An einem jener Weihnachtstage war ich tatsächlich am heiterhellen Nachmittag eingeschlafen. Als ich erwachte, schliefen meine Geschwister noch. Ich schlich über die knarrenden Dielen zum Fenster. Es schneite in grossen Flocken. Der Winter war diesmal früh gekommen. Alles war schon dick weiss eingepackt.
Plötzlich sah ich am Waldrand einen Weihnachtsbaum. Eine Tanne mit lauter brennenden Christbaumkerzen darauf. Spuren führten durch den Schnee zu unserem Haus.

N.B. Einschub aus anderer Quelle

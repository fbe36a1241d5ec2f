-- ===== src/Services.antt =====
-- The application services (services/*.py), the gateways of runtime.py and the worker.
pub mod Throttle
pub mod Gateways
pub mod Authentication
pub mod Notes
pub mod Intent
pub mod Retrieval
pub mod Rag
pub mod Indexing
pub mod Runtime
pub mod Worker
pub mod Isolation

War es das Christkind gewesen? Aber das fliegt doch! Und warum hatte es dann zwei Bäume für uns geschmückt, einen draussen und einen drinnen? Die Fragen waren mehr ein Gefühl, denn Worte. Mich erfasste ein ehrfürchtiges Staunen und zum ersten Mal in meinem Leben hatte ich Tränen in den Augen vor Freude und weil ich zutiefst bewegt war. Ich wusste: Dies war Weihnachten. Das richtige Weihnachten. Mehr als der Baum drinnen, mehr als die Geschenke, mehr als die wochenlange Vorfreude, die mein Vater meisterhaft zu zelebrieren verstand, mehr als Plätzchen und Lieder und Musik, mehr als das Fest, das mich heute Abend erwartete.

Ich weiss nicht genau, was damals in mir passiert ist und an jene Weihnachtsfeier kann ich mich nicht mehr erinnern. Als ich nachher erfuhr, dass mein Vater durch den Schnee gestapft war, das Tännchen selbst mit Kerzen bestückt und Brot und Möhren hingelegt hatte damit die Tiere im Wald auch Weihnachten hätten, schmälerte das mein Erlebnis nicht. Dies war das richtige Weihnachten gewesen. Das Himmlische.
Über die Jahre hab ich es zuweilen vergessen, aber bis heute kann ich das von keinem anderen Weihnachtsfest sagen.